В наши дни мечта о вечности как будто навсегда побеждена. Гигантские дома заслонили небо, кишащие городской жизнью улицы закрыли горизонт. Некуда выйти из человеческого. Побежденные художники начинают петь гимны городу, первый пример подает Верхарн. А призывы Рескина, Толстого, Эмерсона и Метерлинка, появление братства прерафаэлитов9 являются показателями того, как велика опасность поглощения развившимся и осложнившимся человеческим хаосом. Эти крики о помощи, призывы к спасению; они порождены страшной силой человеческой топи, поглощающей все вечное, вневременное, абсолютное и возвеличивающей сегодняшние цели мелкого муравейника. Мириады лилипутов обессиливают и связывают спящий дух человечества. Вместе с уничтожением древнего широкого, я бы сказал, «космического» сознания (в противоположность узкочеловеческому) проваливаются в топь и поглощаются ею величайшие ценности: радости жизни, святого праздника жизни, вечного коронования живущей души каждым новым солнечным днем. Исчезает возможность лично-человеческого самоутверждения перед лицом стихий. Натиск их страшен, так страшен, что выбивает из-под ног человека фундамент, его устой, заставляет беспомощно и бессильно дрожать и метаться. Гордый при жизни человеческий дух в смертный час жалок и унизительно слаб.
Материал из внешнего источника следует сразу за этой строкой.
-- ===== src/Envelope.antt =====
-- internal/core/gateway.go: the envelope that the components pass on. Byte strings are lists of
-- numbers; the identities and the signature are never looked into.
use mrmi_gateway.Prelude.{ℕ, ℤ, String, Bool, List}

pub record Envelope : Type 0 where
  pub idempotency_key : String
  pub sender_node_id : String
  pub sender_identity : List ℕ
  pub recipient_identity : List ℕ
  pub sender_region : String
  pub recipient_region : String
  pub trust_tier : ℕ
  pub sequence_number : ℕ
  pub payload : List ℕ
  pub padded_to : ℕ
  pub timestamp : ℤ
  pub signature : List ℕ
  pub is_dummy : Bool
  pub schema_type : String
  pub schema_version : String
  pub routing_hint : String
Немыслимо представить в современности поэта, который обладал бы фанатической убежденностью Данта в существовании бессмертной потусторонней жизни, кто запечатлел бы все свои дни мечтой об этом мире и ожиданием входа в него. Попытка прерафаэлитского братства возродить древнее религиозное жизнеощущение была мечтой, осуществленной не в реальности, а в снах и галлюцинациях поэтов и художников. Протестуя против человеческого абсолютизма, призывая к священной простоте и глубокому смиренномудрию художника дорафаэлевской эпохи, они грезили об утраченной глубине и красоте, о стертой пыльце наивного мистического мироприятия с крыльев души человеческой. И Берн-Джонс, и Россетти, и Гольман Гент10 оставались фантастами-художниками, которые предавались нарочито вызванным мистическим, чувственно-сказочным снам, запираясь для этого в собственном доме, опасаясь высунуть голову за дверь, чтобы нежную паутину их визионерного художества не прорвал камень, брошенный из реально-человеческого.